:: INPUT DATA

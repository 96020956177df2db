-- ===== src/Runs/Tests.antt =====
-- The laws of the run store at two missed runs of a job and a run that was left running.
use bfrost.Prelude.{
  String, none, some, List, [], ◌∷◌, ◌≡◌, refl, arith, Distinct, subst, sym, ap, ◌∙◌,
}
use bfrost.Examples.{clock}
use bfrost.Runs.{
  RunRecord, RunAttempt, RunStatus, AttemptStatus, MissedInput, running, missed, schedule,
  load_scheduler_runs, run_retention, missed_of, record_missed_scheduled_run, with_attempt, run_ids,
  newest_first, is_recoverable_missed_run, later, insert_by_start, is_schedule, clamp_limit,
  is_skipped, is_missed,
}
use bfrost.Runs.Calls.{miss, abandon_all, IsLog, after_run_calls, after_run_calls-IsLog}
use bfrost.Runs.Fold.{IsFolded}
use bfrost.Runs.Missed.{record_missed-folds}
use bfrost.Runs.Attempts.{IsRecorded, with_attempt-IsRecorded}

abbrev first_try : RunAttempt
first_try = record {
  attempt = 1;
  started_at = "2026-01-01";
  finished_at = "2026-01-01";
  status = AttemptStatus.error;
  summary = none;
  error = some "timeout";
  item_count = none;
  next_delay_ms = some 1000;
}

abbrev second_try : RunAttempt
second_try = record first_try { attempt = 2; status = AttemptStatus.success; next_delay_ms = none }

abbrev left_running : RunRecord
left_running = record {
  id = "r1";
  job = "digest";
  label = "Digest";
  trigger = schedule;
  model_alias = "small";
  started_at = "2026-01-03";
  finished_at = none;
  status = running;
  summary = none;
  error = none;
  item_count = none;
  skip_reason = none;
  missed_slot_count = none;
  attempts = first_try ∷ [];
}

abbrev missed_run : String → String → RunRecord
missed_run id started_at = record left_running {
  id = id;
  started_at = started_at;
  finished_at = some started_at;
  status = RunStatus.skipped;
  skip_reason = some missed;
  attempts = [];
}

abbrev stored : List RunRecord
stored = left_running ∷ missed_run "m2" "2026-01-02" ∷ missed_run "m1" "2026-01-01" ∷ []

abbrev new_miss : MissedInput
new_miss = record {
  job = "digest";
  label = "Digest";
  model_alias = "small";
  scheduled_at = "2026-01-04";
  recorded_at = "2026-01-04";
  error = "The machine slept.";
}

loaded : load_scheduler_runs clock stored run_retention ≡ stored
unfolding load_scheduler_runs newest_first insert_by_start later clamp_limit
loaded = refl

two_missed :
    missed_of "digest" stored ≡ missed_run "m2" "2026-01-02" ∷ missed_run "m1" "2026-01-01" ∷ []
unfolding missed_of is_recoverable_missed_run is_schedule is_skipped is_missed
two_missed = refl

stored-IsLog : IsLog clock stored
unfolding later
stored-IsLog = (
  ((1172800000, refl), ((1086400000, refl), ((1000000000, refl), tt))),
  record { bounded = omega arith; sorted = ((refl, (refl, tt)), ((refl, tt), (tt, tt))) },
)

record_missed_example :
    (one : RunRecord) × (missed_of "digest"
        (record_missed_scheduled_run clock stored "m3" new_miss).1
      ≡ one ∷ [])
    × IsFolded clock new_miss (missed_run "m2" "2026-01-02") (missed_run "m1" "2026-01-01" ∷ []) one
record_missed_example =
    record_missed-folds clock stored "m3" new_miss (missed_run "m2" "2026-01-02")
      (missed_run "m1" "2026-01-01" ∷ [])
      (subst (λ runs. Distinct (run_ids runs)) (sym loaded) (refl, (refl, (refl, tt))))
      (ap (missed_of "digest") loaded ∙ two_missed)

after_run_calls_example :
    IsLog clock (
      after_run_calls clock
        (miss "m3" new_miss ∷ abandon_all "2026-01-04" "Restarted." ∷ [])
        stored)
after_run_calls_example =
    after_run_calls-IsLog clock (miss "m3" new_miss ∷ abandon_all "2026-01-04" "Restarted." ∷ [])
      stored ((1259200000, refl), (tt, tt)) stored-IsLog

with_attempt_example :
    IsRecorded second_try (first_try ∷ []) (with_attempt second_try left_running).attempts
with_attempt_example = with_attempt-IsRecorded second_try left_running (tt, tt)
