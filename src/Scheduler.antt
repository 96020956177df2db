-- ===== src/Scheduler.antt =====
-- The scheduler: the pool of running jobs, the failures in a row, the catch-up window and the retries
-- (src/scheduler.ts), and the previous slot of a cron schedule (src/cron-internals.ts).
pub mod Pool
pub mod Cron
pub mod Streaks
pub mod Windows
pub mod Runtime
pub mod Work
pub mod Trigger
pub mod Wakes
pub mod Skipped
pub mod Lifecycle
mod Tests
mod Samples
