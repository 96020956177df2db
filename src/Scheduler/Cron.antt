-- ===== src/Scheduler/Cron.antt =====
-- The search for the previous slot (`getPreviousCronMatch` of src/cron-internals.ts). The matcher of
-- the scheduled task is a parameter: from an instant to the next one that matches, none where its date
-- is not a number or the matcher throws. A result of none is the source's null.
pub mod Laws
use bfrost.Prelude.{ℕ, zero, suc, ◌-◌, Option, none, some, ltb, leb, get_or_else, if◌then◌else◌}

abbrev pub default_lookback_ms : ℕ
default_lookback_ms = 172800000

abbrev pub default_max_iterations : ℕ
default_max_iterations = 3000

-- The loop, with the instant that it has reached and the last match.
pub search_slots : (ℕ → Option ℕ) → ℕ → ℕ → ℕ → Option ℕ → Option ℕ
search_slots next_match zero before cursor last = last
search_slots next_match (suc iterations) before cursor last = elim (next_match cursor) [
  | none ↦ none
  | some next ↦
      let later = search_slots next_match iterations before next (some next) in
      if leb next cursor then none else if leb before next then last else later
]

pub get_previous_cron_match : Option (ℕ → Option ℕ) → ℕ → Option ℕ → Option ℕ → Option ℕ
unfolding search_slots
get_previous_cron_match none before lookback_ms max_iterations = none
get_previous_cron_match (some next_match) before lookback_ms max_iterations =
    search_slots next_match (get_or_else max_iterations default_max_iterations) before
      (before - get_or_else lookback_ms default_lookback_ms) none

::::

Could you set down, word for word, only the lines above from the line with "pub mod Streaks" to the line with "-- The search", including both?

- RESULT FOR THIS EXERCISE -
pub mod Streaks
pub mod Windows
pub mod Runtime
pub mod Work
pub mod Trigger
pub mod Wakes
pub mod Skipped
pub mod Lifecycle
mod Tests
mod Samples
repository 96020956177df2db
filename src/Scheduler/Cron.antt
-- ===== src/Scheduler/Cron.antt =====
-- The search for the previous slot (`getPreviousCronMatch` of src/cron-internals.ts). The matcher of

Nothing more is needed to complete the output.